RECORDS FOR THE TASK —
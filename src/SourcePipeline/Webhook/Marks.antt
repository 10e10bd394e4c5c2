-- ===== src/SourcePipeline/Webhook/Marks.antt =====
-- Marking an event: what its row and the queue hold afterwards.
use mathlib.Core.Option
use hll.Prelude.{
  ℕ, String, ◌≡◌, refl, true, false, not, Option, none, some, arith, str_eq, eq_iff, ◌==◌,
  if◌then◌else◌, is_some, find, filter, subst, Option-cases, Bool-cases, inl, inr, ==_iff,
}
use hll.Exec.{ok, ◌>>=◌}
use hll.SourcePipeline.Model.{
  Exception, JobQueueWebhookEvent, JobQueueWebhookWakeup, State, get_row, update_row,
}
use hll.SourcePipeline.Model.Rows.{
  get_row-update_row, find-update_row, find-filter, filtered_out, find_passes, All-update_row,
}
use hll.SourcePipeline.Webhook.{
  event_named, wakeup_named, found_event, get_event, mark_processed, mark_failed,
}
use hll.SourcePipeline.Webhook.Queue.{Sound, id_of}

module _ {Payload : Type 0} (n : String) (now : ℕ) (s : State Payload) (e : JobQueueWebhookEvent)
    (there : event_named n s ≡ some e) where
  as_processed : JobQueueWebhookEvent → JobQueueWebhookEvent
  as_processed r = record r { processed_at = some now; last_error = none; updated_at = now }

  after_processed : State Payload
  unfolding as_processed
  after_processed = record s {
    tables = record s.tables {
      events = update_row id_of e.id as_processed s.events;
      wakeups = filter (λ w. not (str_eq w.event_id n)) s.wakeups;
    };
  }

  processed : mark_processed n now s ≡ (ok tt, after_processed)
  unfolding mark_processed get_event found_event ◌>>=◌ after_processed
  processed = rw (there, found_event)

  as_failed : Exception → JobQueueWebhookEvent → JobQueueWebhookEvent
  as_failed exc r = record r { processed_at = none; last_error = some exc; updated_at = now }

  after_failed : Exception → State Payload
  unfolding as_failed
  after_failed exc = record s {
    tables = record s.tables { events = update_row id_of e.id (as_failed exc) s.events };
  }

  failed_lem : (exc : Exception) → mark_failed n exc now s ≡ (ok tt, after_failed exc)
  unfolding mark_failed get_event found_event ◌>>=◌ after_failed
  failed_lem exc = rw (there, found_event)

  -- A processed event leaves the queue: its row has the time and no error, and its wakeup is gone.
  pub mark_processed_outcome :
      ((mark_processed n now s).0 ≡ ok tt)
      × (event_named n (mark_processed n now s).1
          ≡ some (record e { processed_at = some now; last_error = none; updated_at = now }))
      × (wakeup_named n (mark_processed n now s).1 ≡ none)
  mark_processed_outcome = rw processed (
    refl,
    (unfold after_processed in
        rw
          (
            find-update_row (λ (r : JobQueueWebhookEvent). str_eq r.event_id n) id_of e.id
                as_processed s.events (λ r. refl),
            there,
          )
          (ground arith)),
    unfold after_processed in
        filtered_out (λ (w : JobQueueWebhookWakeup). str_eq w.event_id n) s.wakeups,
  )

  -- A failed event stays in the queue: its row has the error, and no wakeup is removed.
  pub mark_failed_outcome :
      (exc : Exception)
      → ((mark_failed n exc now s).0 ≡ ok tt)
        × (event_named n (mark_failed n exc now s).1
            ≡ some (record e { processed_at = none; last_error = some exc; updated_at = now }))
        × ((mark_failed n exc now s).1.wakeups ≡ s.wakeups)
  mark_failed_outcome exc = rw (failed_lem exc) (
    refl,
    (unfold after_failed in
        rw
          (
            find-update_row (λ (r : JobQueueWebhookEvent). str_eq r.event_id n) id_of e.id
                (as_failed exc) s.events (λ r. refl),
            there,
          )
          (ground arith)),
    unfold after_failed in refl,
  )

  module _ (sound : Sound s) where
    -- The rows after a write to the marked event.
    module _ (f : JobQueueWebhookEvent → JobQueueWebhookEvent)
        (same_name : (r : JobQueueWebhookEvent) → (f r).event_id ≡ r.event_id)
        (same_id : (r : JobQueueWebhookEvent) → (f r).id ≡ r.id) where
      named_after :
          (m : String)
          → find
              (λ (r : JobQueueWebhookEvent). str_eq r.event_id m)
              (update_row id_of e.id f s.events)
            ≡ Option.map
                (λ (r : JobQueueWebhookEvent). if r.id == e.id then f r else r)
                (event_named m s)
      named_after m =
          find-update_row (λ (r : JobQueueWebhookEvent). str_eq r.event_id m) id_of e.id f s.events
            (λ r. rw (same_name r))

      keyed_after :
          (m : String) (d : JobQueueWebhookEvent)
          → find
              (λ (r : JobQueueWebhookEvent). str_eq r.event_id m)
              (update_row id_of e.id f s.events)
            ≡ some d
          → get_row id_of d.id (update_row id_of e.id f s.events) ≡ some d
      keyed_after m d h =
          rw (get_row-update_row id_of e.id d.id f s.events same_id)
            (keyed (event_named m s) refl (rw (named_after m) at h))
        where
          keyed :
              (o : Option JobQueueWebhookEvent)
              → event_named m s ≡ o
              → Option.map (λ (r : JobQueueWebhookEvent). if r.id == e.id then f r else r) o
                ≡ some d
              → (if e.id == d.id
                  then Option.map f (get_row id_of d.id s.events)
                  else get_row id_of d.id s.events)
                ≡ some d
          keyed none _ h = cc
          keyed (some r) at_m h = ground (arith, same_id r, sound.keyed m r at_m)

    other_wakeup :
        (m : String)
        → str_eq n m ≡ false
        → (w : JobQueueWebhookWakeup) → str_eq w.event_id m ≡ true
        → not (str_eq w.event_id n) ≡ true
    other_wakeup m differ w h = ground (arith, eq_iff w.event_id m, eq_iff w.event_id n, eq_iff n m)

    still_queued :
        (m : String) (d : JobQueueWebhookEvent) (o : Option JobQueueWebhookEvent)
        → event_named m s ≡ o
        → Option.map (λ (r : JobQueueWebhookEvent). if r.id == e.id then as_processed r else r) o
          ≡ some d
        → d.processed_at ≡ none
        → is_some (wakeup_named m after_processed) ≡ true
    unfolding as_processed after_processed
    still_queued m d none _ h pending = cc
    still_queued m d (some r) at_m h pending = elim (Bool-cases (str_eq n m)) [
      | inl same ↦
          let at_e : event_named m s ≡ some e =
            subst (λ x. event_named x s ≡ some e) ((eq_iff n m).0 same) there in
          ground (arith, at_e, at_m)
      | inr differ ↦
          rw
            (find-filter (λ (w : JobQueueWebhookWakeup). str_eq w.event_id m)
              (λ w. not (str_eq w.event_id n)) s.wakeups (other_wakeup m differ))
            (ground (arith, sound.queued m r at_m))
    ]

    -- A processed event is the only one whose wakeup goes.
    pub mark_processed-Sound : Sound (mark_processed n now s).1
    unfolding after_processed
    mark_processed-Sound = rw processed (record {
      keyed = keyed_after as_processed (λ r. refl) (λ r. refl);
      fresh = All-update_row _ id_of e.id as_processed s.events (λ r h. h) sound.fresh;
      queued = λ m d h pending.
          still_queued m d (event_named m s) refl
            (rw (named_after as_processed (λ r. refl) (λ r. refl) m) at h) pending;
    })

    same_event :
        (r : JobQueueWebhookEvent) (m : String)
        → event_named m s ≡ some r
        → (r.id == e.id) ≡ true
        → n ≡ m
    same_event r m at_m same =
        let ids : r.id ≡ e.id = (==_iff r.id e.id).0 same in
        let rows : get_row id_of r.id s.events ≡ some e = rw ids (sound.keyed n e there) in
        ground (
          arith,
          rows,
          sound.keyed m r at_m,
          eq_iff e.event_id n,
          eq_iff r.event_id m,
          find_passes (λ (x : JobQueueWebhookEvent). str_eq x.event_id n) s.events e there,
          find_passes (λ (x : JobQueueWebhookEvent). str_eq x.event_id m) s.events r at_m,
        )

    failed_queued :
        (exc : Exception) (m : String) (d : JobQueueWebhookEvent) (o : Option JobQueueWebhookEvent)
        → is_some (wakeup_named n s) ≡ true
        → event_named m s ≡ o
        → Option.map (λ (r : JobQueueWebhookEvent). if r.id == e.id then as_failed exc r else r) o
          ≡ some d
        → d.processed_at ≡ none
        → is_some (wakeup_named m s) ≡ true
    unfolding as_failed
    failed_queued exc m d none waiting _ h pending = cc
    failed_queued exc m d (some r) waiting at_m h pending = elim (Bool-cases (r.id == e.id)) [
      | inl same ↦
          let named : n ≡ m = same_event r m at_m same in
          subst (λ x. is_some (wakeup_named x s) ≡ true) named waiting
      | inr differ ↦ ground (arith, sound.queued m r at_m)
    ]

    -- A failed event whose wakeup is there leaves the queue sound: it will be tried again.
    pub mark_failed-Sound :
        (exc : Exception) → is_some (wakeup_named n s) ≡ true → Sound (mark_failed n exc now s).1
    unfolding after_failed
    mark_failed-Sound exc waiting = rw (failed_lem exc) (record {
      keyed = keyed_after (as_failed exc) (λ r. refl) (λ r. refl);
      fresh = All-update_row _ id_of e.id (as_failed exc) s.events (λ r h. h) sound.fresh;
      queued = λ m d h pending.
          failed_queued exc m d (event_named m s) waiting refl
            (rw (named_after (as_failed exc) (λ r. refl) (λ r. refl) m) at h) pending;
    })

module _ {Payload : Type 0} (n : String) (now : ℕ) (s : State Payload) (m : String)
    (there : is_some (event_named m s) ≡ true) where
  pub mark_processed_names : is_some (event_named m (mark_processed n now s).1) ≡ true
  unfolding mark_processed get_event ◌>>=◌
  mark_processed_names = elim (Option-cases (event_named n s)) [
    | inl absent ↦ rw (absent, found_event) there
    | inr (e, found) ↦
        rw (found, found_event)
          (rw
            (find-update_row (λ (r : JobQueueWebhookEvent). str_eq r.event_id m) id_of e.id
              (λ r. record r { processed_at = some now; last_error = none; updated_at = now })
              s.events (λ r. refl))
            (ground arith))
  ]

  pub mark_failed_names :
      (exc : Exception) → is_some (event_named m (mark_failed n exc now s).1) ≡ true
  unfolding mark_failed get_event ◌>>=◌
  mark_failed_names exc = elim (Option-cases (event_named n s)) [
    | inl absent ↦ rw (absent, found_event) there
    | inr (e, found) ↦
        rw (found, found_event)
          (rw
            (find-update_row (λ (r : JobQueueWebhookEvent). str_eq r.event_id m) id_of e.id
              (λ r. record r { processed_at = none; last_error = some exc; updated_at = now })
              s.events (λ r. refl))
            (ground arith))
  ]
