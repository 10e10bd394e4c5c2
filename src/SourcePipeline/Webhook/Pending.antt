-- ===== src/SourcePipeline/Webhook/Pending.antt =====
-- The events that a tick is given are rows of the table, at most as many as asked for.
use text.Mathlib.TextPositions.{eq_refl}
use hll.Prelude.{
  ℕ, ◌≤◌, ◌≡◌, true, List, [], ◌∷◌, map, arith, str_eq, is_some, find, length, length-take, All,
  All-append, All-filter_of_All, All-map, All-sort, All-take,
}
use hll.SourcePipeline.Model.{JobQueueWebhookEvent, JobQueueWebhookWakeup, State}
use hll.SourcePipeline.Webhook.{event_named, matching, join, pending_le, list_pending_events}

abbrev Named : List JobQueueWebhookEvent → JobQueueWebhookEvent → Type 0
Named xs e = is_some (find (λ x. str_eq x.event_id e.event_id) xs) ≡ true

found_with_more :
    (x : JobQueueWebhookEvent) (xs : List JobQueueWebhookEvent) (e : JobQueueWebhookEvent)
    → Named xs e
    → Named (x ∷ xs) e
found_with_more x xs e h = ground arith

rows_found : (xs : List JobQueueWebhookEvent) → All (Named xs) xs
rows_found [] = tt
rows_found (x ∷ xs) =
    (ground (arith, eq_refl x.event_id), All-map (found_with_more x xs) xs (rows_found xs))

module _ (P : JobQueueWebhookEvent → Type 0) where
  abbrev Second : JobQueueWebhookWakeup × JobQueueWebhookEvent → Type 0
  Second p = P p.1

  pair_up :
      (w : JobQueueWebhookWakeup) (xs : List JobQueueWebhookEvent)
      → All P xs
      → All Second (map (λ e. (w, e)) xs)
  pair_up w [] h = tt
  pair_up w (x ∷ xs) h = (h.0, pair_up w xs h.1)

  joined :
      (ws : List JobQueueWebhookWakeup) (xs : List JobQueueWebhookEvent)
      → All P xs
      → All Second (join ws xs)
  unfolding join
  joined [] xs h = tt
  joined (w ∷ ws) xs h =
      All-append Second (matching xs w) (join ws xs) (pair_up w _ (All-filter_of_All P _ xs h))
        (joined ws xs h)

  seconds :
      (ps : List (JobQueueWebhookWakeup × JobQueueWebhookEvent))
      → All Second ps
      → All P (map (λ p. p.1) ps)
  seconds [] h = tt
  seconds (p ∷ ps) h = (h.0, seconds ps h.1)

module _ {Payload : Type 0} (limit : ℕ) (s : State Payload) where
  pub list_pending_named :
      All
        (λ (e : JobQueueWebhookEvent). is_some (event_named e.event_id s) ≡ true)
        (list_pending_events limit s)
  unfolding list_pending_events
  list_pending_named = All-take _ limit _ (
      seconds _ _ (
        All-sort pending_le _ _
          (All-filter_of_All _ _ _ (joined _ s.wakeups s.events (rows_found s.events)))))

  pub length-list_pending_events : length (list_pending_events limit s) ≤ limit
  unfolding list_pending_events
  length-list_pending_events = omega (arith, length-take {0})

DESCRIPTION OF THE TASK — Copy all lines from the listing that contain "Marks".

ANSWER TO THIS EXERCISE —
filename src/SourcePipeline/Webhook/Marks.antt
-- ===== src/SourcePipeline/Webhook/Marks.antt =====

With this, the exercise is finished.